Von Anne Zeisig

„Mama! Fesch siehst du aus.“

Fast hätte ich sie nicht erkannt, wie sie da in der geöffneten Wohnungstür vor mir steht.

Seit einem Jahr ist sie trauernd in ihren Filzpantoffeln und der grauen Kittelschürze durch die Wohnung geschlurft, das Haar streng nach hinten gekämmt und zu einem Altweiberdutt zusammengebunden.

 

„Kind! Der erste Eindruck ist der wichtigste!“

Sie schiebt mich von der Fußmatte, schließt die Tür ab und lässt den Schlüssel in eine alte schwarze Krokohandtasche fallen, die sie elegant in der Armbeuge trägt.

Ihr Haar fällt in leichten Wellen bis auf die Schulterpassen des Lodenblazers.

Ich blicke an ihr hinab.

Ein enger Bleistiftrock! Dazu die hohen Hacken! Aus schwarzem Lack mit Silberspange. 

Old-School.

 

„Elegant schaust du aus, aber anlassbezogen ist das nicht.“

 

Sie stöckelt etwas unsicher auf die Treppe zu und schaut mich an: „Du meinst, ich sei unpassend gekleidet?“

 

Gut, dass sie sich am Geländer festhält und die Stiege recht langsam hinunter geht.

 

„Du gehst schließlich nicht zu einer Premiere ins Theater, um nur ein Beispiel zu nennen.“

Und selbst dafür wäre sie overdressed.

 

„Für mich ist das heute aber eine Premiere“, säuselt sie mehr zu sich, als dass es für meine Ohren bestimmt ist und wackelt unsicher Stufe für Stufe hinab.

 

Im Parterre angekommen, hält sie inne: „Du solltest auch mehr aus dir machen!“ Sie zeigt auf meine Jeans. „Ich weiß, dass diese Löcher modern sind, aber trotzdem.“ Mutter schüttelt schwungvoll ihre Wellenpracht. „Womöglich muss ich mich am Ende noch für dich schämen!“

 

Ich grinse: „Ich muss ja heute keinen ersten Eindruck hinterlassen.“

 

„Und wenn er sofort mitkommt? Dann könntest du uns beide doch fahren!“

 

„Mutter! So schnell geht das nicht!
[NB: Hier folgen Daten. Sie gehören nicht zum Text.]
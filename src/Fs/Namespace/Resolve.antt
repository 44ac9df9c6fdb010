-- ===== src/Fs/Namespace/Resolve.antt =====
-- Path resolution: `mtl_resolve_inode` walks down the components, and what `mtl_readdir` lists.
use metal_fs.Base.{
  ℕ, zero, suc, ◌+◌, ◌≤◌, ◌<◌, ◌≡◌, refl, ap, ◌∙◌, ◌↔◌, inl, inr, Bool, true, false, not, ◌&&◌,
  none, some, List, [], ◌∷◌, ◌++◌, arith, ltb, leb, ◌==◌, if◌then◌else◌, Bool-cases, length,
  length-append,
}
use metal_fs.Fs.Types.{DirEntry}
use metal_fs.Fs.State.{Databases, Txn, Result, ok, fault, ◌>>=◌}
use metal_fs.Fs.Directory.{head_size, entry_size, resolve_inode_in_directory}
use metal_fs.Fs.Directory.Listing.{eq_bytes, eq_bytes_iff, entries_size}
use metal_fs.Fs.Path.{slash, root}
use metal_fs.Fs.Path.Components.{
  no_slash, IsComponent, path_of, AllComponents, basename-path_of, dirname-path_of_two,
  dirname-path_of_one,
}
use metal_fs.Fs.Namespace.{
  is_root, Dir, strncpy, terminate, fill_name, readdir, resolve_calls, resolve_inode,
  resolve_parent_dir_inode,
}

eq_root_iff : (p : List ℕ) → (is_root p ≡ true) ↔ (p ≡ root)
eq_root_iff p = eq_bytes_iff p root

component_not_root : (c : List ℕ) → IsComponent c → is_root c ≡ false
unfolding eq_bytes no_slash
component_not_root [] h = absurd (omega arith)
component_not_root (x ∷ c) h = ground arith

path_not_root :
    (c : List ℕ) (cs : List (List ℕ)) → IsComponent c → is_root (path_of (c ∷ cs)) ≡ false
unfolding path_of
path_not_root c cs plain = elim (Bool-cases (is_root (path_of (c ∷ cs)))) [
  | inl e ↦
      let same : length (path_of cs ++ slash ∷ c) ≡ 1 =
        ap length ((eq_root_iff (path_of (c ∷ cs))).0 e) in
      absurd (omega (arith, same, plain.0, length-append (path_of cs) (slash ∷ c)))
  | inr e ↦ e
]

module _ (L : Databases) (t : Txn L) where
  -- Looking the components up one after the other, from the root down.
  unfoldable pub walk : List (List ℕ) → Result ℕ
  walk [] = ok 0
  walk (c ∷ cs) = do dir ← walk cs; resolve_inode_in_directory L t dir c

  resolve_calls-walk :
      (n : ℕ) (c : List ℕ) (cs : List (List ℕ))
      → AllComponents (c ∷ cs)
      → length cs < n
      → resolve_calls L n t (path_of (c ∷ cs)) ≡ walk (c ∷ cs)
  unfolding resolve_calls walk
  resolve_calls-walk zero c cs all h = absurd (omega arith)
  resolve_calls-walk (suc n) c [] all h =
      rw (dirname-path_of_one c all.0, basename-path_of c [] all.0)
        (rw (component_not_root c all.0))
  resolve_calls-walk (suc n) c (d ∷ cs) all h =
      rw (dirname-path_of_two c d cs all.0 all.1.0, basename-path_of c (d ∷ cs) all.0)
        (rw (
          path_not_root d cs all.1.0,
          component_not_root c all.0,
          resolve_calls-walk n d cs all.1 (omega arith),
        ))

  depth-le-length : (cs : List (List ℕ)) → length cs ≤ length (path_of cs)
  unfolding path_of
  depth-le-length [] = omega arith
  depth-le-length (c ∷ cs) =
      omega (arith, depth-le-length cs, length-append (path_of cs) (slash ∷ c))

  -- Resolving an absolute path of plain components ends, and looks the components up one after the
  -- other from the root down.
  pub resolve_inode-walk :
      (c : List ℕ) (cs : List (List ℕ))
      → AllComponents (c ∷ cs)
      → resolve_inode L t (path_of (c ∷ cs)) ≡ walk (c ∷ cs)
  unfolding resolve_inode
  resolve_inode-walk c cs all =
      resolve_calls-walk (suc (length (path_of (c ∷ cs)))) c cs all
        (omega (arith, depth-le-length (c ∷ cs)))

  -- The parent of an absolute path of plain components is found by looking up all components but
  -- the last, from the root down.
  pub resolve_parent-walk :
      (c : List ℕ) (cs : List (List ℕ))
      → AllComponents (c ∷ cs)
      → resolve_parent_dir_inode L t (path_of (c ∷ cs)) ≡ walk cs
  unfolding resolve_parent_dir_inode walk
  resolve_parent-walk c [] all = rw (dirname-path_of_one c all.0)
  resolve_parent-walk c (d ∷ cs) all =
      rw (dirname-path_of_two c d cs all.0 all.1.0)
        (rw (path_not_root d cs all.1.0) (resolve_inode-walk d cs all.1))

-- The text that a buffer holds; without an end it has none.
unfoldable pub text_in : List ℕ → Result (List ℕ)
text_in [] = fault
text_in (b ∷ bs) = let rest = text_in bs in if b == 0 then ok [] else rest >>= λ t. ok (b ∷ t)

-- Reading a directory to its end, into the same buffer again and again.
pub read_all : ℕ → (buffer : List ℕ) → Dir → Result (List (List ℕ))
unfolding readdir text_in
read_all zero buffer d = fault
read_all (suc n) buffer d = readdir d buffer (length buffer) >>= λ r. elim r [
  | none ↦ ok []
  | some (filled, d') ↦ do name ← text_in filled; rest ← read_all n filled d'; ok (name ∷ rest)
]

unfoldable pub names : List DirEntry → List (List ℕ)
names [] = []
names (e ∷ es) = e.name ∷ names es

abbrev pub is_text : List ℕ → Bool
is_text [] = true
is_text (c ∷ t) = not (c == 0) && is_text t

-- Each name is a text for which, with its end, a buffer of this size has room.
unfoldable pub all_fit : (size : ℕ) → List DirEntry → Bool
all_fit size [] = true
all_fit size (e ∷ es) = ltb (length e.name) size && (is_text e.name && all_fit size es)

text_in-filled :
    (name buffer : List ℕ)
    → is_text name ≡ true
    → length name < length buffer
    → text_in (terminate (length name) (strncpy (length name) name buffer)) ≡ ok name
unfolding text_in terminate strncpy
text_in-filled [] [] t h = absurd (omega arith)
text_in-filled [] (b ∷ bs) t h = refl
text_in-filled (c ∷ name) [] t h = absurd (omega arith)
text_in-filled (c ∷ name) (b ∷ bs) t h =
    let plain : (c == 0) ≡ false = ground arith in
    let later : is_text name ≡ true = ground arith in
    rw plain (rw (text_in-filled name bs later (omega arith)) refl)

length-terminate : (i : ℕ) (buffer : List ℕ) → length (terminate i buffer) ≡ length buffer
unfolding terminate
length-terminate i [] = refl
length-terminate zero (b ∷ bs) = refl
length-terminate (suc i) (b ∷ bs) = ap suc (length-terminate i bs)

length-strncpy :
    (n : ℕ) (text buffer : List ℕ)
    → n ≤ length buffer
    → length (strncpy n text buffer) ≡ length buffer
unfolding strncpy
length-strncpy zero text buffer h = refl
length-strncpy (suc n) text [] h = absurd (omega arith)
length-strncpy (suc n) [] (b ∷ bs) h = ap suc (length-strncpy n [] bs (omega arith))
length-strncpy (suc n) (c ∷ text) (b ∷ bs) h =
    ap suc (length-strncpy n (if c == 0 then [] else text) bs (omega arith))

-- A name that fits is what the buffer then holds, and the buffer keeps its size.
fill_name-fits :
    (name buffer : List ℕ)
    → is_text name ≡ true
    → length name < length buffer
    → (text_in (fill_name name (length buffer) buffer) ≡ ok name)
      × (length (fill_name name (length buffer) buffer) ≡ length buffer)
unfolding fill_name
fill_name-fits name buffer t h =
    let short : ltb (length buffer) (length name) ≡ false = ground arith in
    let room : ltb (length name) (length buffer) ≡ true = ground arith in
    (
      rw (short, room) (text_in-filled name buffer t h),
      rw (short, room)
          (length-terminate (length name) (strncpy (length name) name buffer)
            ∙ length-strncpy (length name) name buffer (omega arith)),
    )

abbrev dir_at : ℕ → ℕ → List DirEntry → Dir
dir_at limit at es = record {
  length = limit;
  at = at;
  rest = es;
  more = leb (at + head_size) limit;
}

both_hold : (a b : Bool) → (a && b) ≡ true → (a ≡ true) × (b ≡ true)
both_hold true b h = (refl, h)
both_hold false b h = cc h

-- From the start of the data on, `mtl_readdir` lists every name once, in order, and then says that
-- it is complete, if the buffer has room for each name and its end, and the inode's length is that
-- of the entries.
pub read_all-names :
    (n limit at : ℕ) (buffer : List ℕ) (es : List DirEntry)
    → limit ≡ at + entries_size es
    → all_fit (length buffer) es ≡ true
    → length es < n
    → read_all n buffer (dir_at limit at es) ≡ ok (names es)
unfolding read_all readdir names all_fit entries_size
read_all-names zero limit at buffer es h k l = absurd (omega arith)
read_all-names (suc n) limit at buffer [] h k l =
    let done : leb (at + head_size) limit ≡ false = ground arith in rw done
read_all-names (suc n) limit at buffer (e ∷ es) h k l =
    let more : leb (at + head_size) limit ≡ true = ground arith in
    let (fits, k') = both_hold (ltb (length e.name) (length buffer)) _ k in
    let (text, later) = both_hold (is_text e.name) (all_fit (length buffer) es) k' in
    let room : length e.name < length buffer = ground arith in
    let (held, kept) = fill_name-fits e.name buffer text room in
    rw more (
      rw (
        held,
        read_all-names n limit (at + entry_size e) (fill_name e.name (length buffer) buffer) es
            (omega arith) (rw kept later) (omega arith),
      ))
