-- ===== src/Driver/Files.antt =====
-- filesystem_fuse_handler.cpp: a FUSE call on a mounted file system. A path is what stands behind the
-- handler's prefix; the file handle `fi->fh` is an argument or a result.
pub mod RoundTrip
use metal_fs.Base.{ℕ, suc, ◌+◌, ◌/◌, ◌%◌, ◌^◌, not, Option, List, ltb, ◌==◌, if◌then◌else◌, length}
use metal_fs.Fs.Types.{ErrorCode, Inode}
use metal_fs.Fs.State.{Databases, Txn, Result, ok, err, fault, ◌>>=◌}
use metal_fs.Fs.Directory.{s_ifdir}
use metal_fs.Fs.Storage.{Bytes}
use metal_fs.Fs.FileData.{truncate}
use metal_fs.Fs.Backend.{Backend, Mounted, Called, called, refused, breaks, write_file, read_file}
use metal_fs.Fs.Namespace.{
  Finish, commits, aborts, leaks, crashes, resolve_inode, get_inode, opendir, mkdir, create, rmdir,
  chown, rename, unlink,
}
use metal_fs.Fs.Namespace.Resolve.{read_all}
use metal_fs.Driver.Combined.{Text, FuseError, enoent, enosys, is_empty}

-- A negative result: `-res`, `-ENOENT` or `-ENOSYS`.
pub data Errno : Type 0 where
  code : ErrorCode → Errno
  fuse : FuseError → Errno

-- How a call ends: with a result that is not negative, with a negative one, or with a negative one
-- and a transaction that was left open; `crashed` where the file system does.
pub data Reply (S A : Type 0) : Type 0 where
  replies : S → A → Reply S A
  denies : S → Errno → Reply S A
  leaves_open : Errno → Reply S A
  crashed : Reply S A

-- The fields of `struct stat` that are set.
pub record Stat : Type 0 where
  pub st_mode : ℕ
  pub st_nlink : ℕ
  pub st_uid : ℕ
  pub st_gid : ℕ
  pub st_size : ℕ
  pub st_blocks : ℕ
  pub st_atime : ℕ
  pub st_mtime : ℕ
  pub st_ctime : ℕ

-- After the `memset`, for the root: `S_IFDIR | 0755`, which share no bit.
abbrev pub root_stat : Stat
root_stat = record {
  st_mode = s_ifdir + 0o755;
  st_nlink = 2;
  st_uid = 0;
  st_gid = 0;
  st_size = 0;
  st_blocks = 0;
  st_atime = 0;
  st_mtime = 0;
  st_ctime = 0;
}

abbrev pub stat_of : Inode → Stat
stat_of inode = record {
  st_mode = inode.mode;
  st_nlink = 2;
  st_uid = inode.user;
  st_gid = inode.group;
  st_size = inode.length;
  st_blocks = inode.length / 512 + (if ltb 0 (inode.length % 512) then 1 else 0);
  st_atime = inode.accessed;
  st_mtime = inode.modified;
  st_ctime = inode.created;
}

-- The `int` that a number of bytes is returned as, by its bits.
abbrev pub as_int : ℕ → ℕ
as_int n = n % 2 ^ 32

module _ {L : Databases} (B : Backend L) where
  -- A call that reads the metadata, whose transaction is aborted either way.
  abbrev pub look_up : {A : Type 0} → Mounted B → Result A → Reply (Mounted B) A
  look_up s (ok a) = replies s a
  look_up s (err e) = denies s (code e)
  look_up s fault = crashed

  -- A call that changes the metadata.
  abbrev pub change : {A C : Type 0} → Mounted B → (A → Txn L × C) → Finish A → Reply (Mounted B) C
  change s f (commits a) = replies (record s { metadata = (f a).0 }) (f a).1
  change s f (aborts e) = denies s (code e)
  change s f (leaks e) = leaves_open (code e)
  change s f crashes = crashed

  abbrev pub no_result : Txn L → Txn L × Unit {0}
  no_result t = (t, tt)

  pub fuse_chown : Mounted B → Text → (uid : ℕ) → (gid : Option ℕ) → Reply (Mounted B) (Unit {0})
  fuse_chown s path uid gid = change s no_result (chown L s.metadata path uid gid)

  pub fuse_getattr : Mounted B → Text → Reply (Mounted B) Stat
  fuse_getattr s path =
      if is_empty path
      then replies s root_stat
      else look_up s (do inode ← get_inode L s.metadata path; ok (stat_of inode))

  -- The names that the `filler` gets, in order. The directory has at most `n` entries, and
  -- `unset` is what the buffer of FILENAME_MAX bytes on the stack holds.
  unfoldable pub fuse_readdir :
      (n : ℕ) → (unset : List ℕ) → Mounted B → Text → Reply (Mounted B) (List Text)
  fuse_readdir n unset s path =
      look_up s (do dir ← opendir L s.metadata path; read_all (suc n) unset dir)

  -- The result is the file handle.
  unfoldable pub fuse_create : Mounted B → Text → (now mode : ℕ) → Reply (Mounted B) ℕ
  fuse_create s path now mode = change s (λ r. r) (create L s.metadata path now mode)

  pub fuse_readlink : Mounted B → Text → Reply (Mounted B) (Unit {0})
  fuse_readlink s path = denies s (fuse enoent)

  pub fuse_open : Mounted B → Text → Reply (Mounted B) ℕ
  fuse_open s path = look_up s (resolve_inode L s.metadata path)

  -- The end of `fuse_read`; `mtl_read` refuses nothing.
  abbrev pub read_reply : Mounted B → Called (ℕ × Bytes) → Reply (Mounted B) (ℕ × Bytes)
  read_reply s (called (len, buffer)) = replies s (as_int len, buffer)
  read_reply s (refused e) = crashed
  read_reply s breaks = crashed

  unfoldable pub fuse_read :
      Mounted B → Text → (buffer : Bytes) → (size offset : ℕ) → Reply (Mounted B) (ℕ × Bytes)
  fuse_read s path buffer size offset = elim (resolve_inode L s.metadata path) [
    | ok id ↦ read_reply s (read_file B s id buffer size offset)
    | err e ↦ denies s (code e)
    | fault ↦ crashed
  ]

  pub fuse_release : Mounted B → Text → Reply (Mounted B) (Unit {0})
  fuse_release s path = replies s tt

  abbrev pub truncated : Mounted B → Result (Txn L) → Reply (Mounted B) (Unit {0})
  truncated s (ok t) = replies (record s { metadata = t }) tt
  truncated s (err e) = denies s (code e)
  truncated s fault = crashed

  pub fuse_truncate : Mounted B → Text → (size : ℕ) → Reply (Mounted B) (Unit {0})
  fuse_truncate s path size = elim (resolve_inode L s.metadata path) [
    | ok id ↦ truncated s (truncate L B.block_size s.metadata id size)
    | err e ↦ denies s (code e)
    | fault ↦ crashed
  ]

  -- The end of `fuse_write`: the result of `mtl_write` is not looked at.
  abbrev pub write_reply : Mounted B → (size : ℕ) → Called (Mounted B) → Reply (Mounted B) ℕ
  write_reply s size (called s') = replies s' (as_int size)
  write_reply s size (refused e) = replies s (as_int size)
  write_reply s size breaks = crashed

  unfoldable pub fuse_write :
      Mounted B → (fh : ℕ) → (buffer : Bytes) → (size offset : ℕ) → Reply (Mounted B) ℕ
  fuse_write s fh buffer size offset =
      if not (fh == 0)
      then write_reply s size (write_file B s fh buffer size offset)
      else denies s (fuse enosys)

  pub fuse_unlink : Mounted B → Text → Reply (Mounted B) (Unit {0})
  fuse_unlink s path = change s no_result (unlink L s.metadata path)

  pub fuse_mkdir : Mounted B → Text → (now mode : ℕ) → Reply (Mounted B) (Unit {0})
  fuse_mkdir s path now mode = change s no_result (mkdir L s.metadata path now mode)

  pub fuse_rmdir : Mounted B → Text → Reply (Mounted B) (Unit {0})
  fuse_rmdir s path = change s no_result (rmdir L s.metadata path)

  pub fuse_rename : Mounted B → (from_path to_path : Text) → Reply (Mounted B) (Unit {0})
  fuse_rename s from to = change s no_result (rename L s.metadata from to)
Ihr müsst euch doch erst kennenlernen! Schauen, ob ihr zueinander passt.“ 

 

„In meinem Alter sollte man keine Zeit vergeuden, wenn man sich endlich entschlossen hat, was Neues zu wagen.“

Sie öffnet die Haustür in einem weiten Bogen und steuert auf mein Auto zu. Erstaunlich, wie sicher sie nun auf den Hochhackigen geht, will sich nicht von mir auf den Beifahrersitz helfen lassen.

 

Mama strotzt vor Elan!

Kein griesgrämiges Gejammer. Keine zusammengekniffenen Augen. Keine Tränen.

 

„Weißt du auch, wo du mich hinfahren musst?“ Sie klappt die Sonnenblende hinunter und zieht sich ihre Lippen mit einem Lippenstift nach.

Knallrot!

„Wir müssen uns beeilen, bevor ich es mir anders überlege!“, drängt sie.

 

Ich trete auf das Gaspedal. Der Motor heult auf. Blitzstart.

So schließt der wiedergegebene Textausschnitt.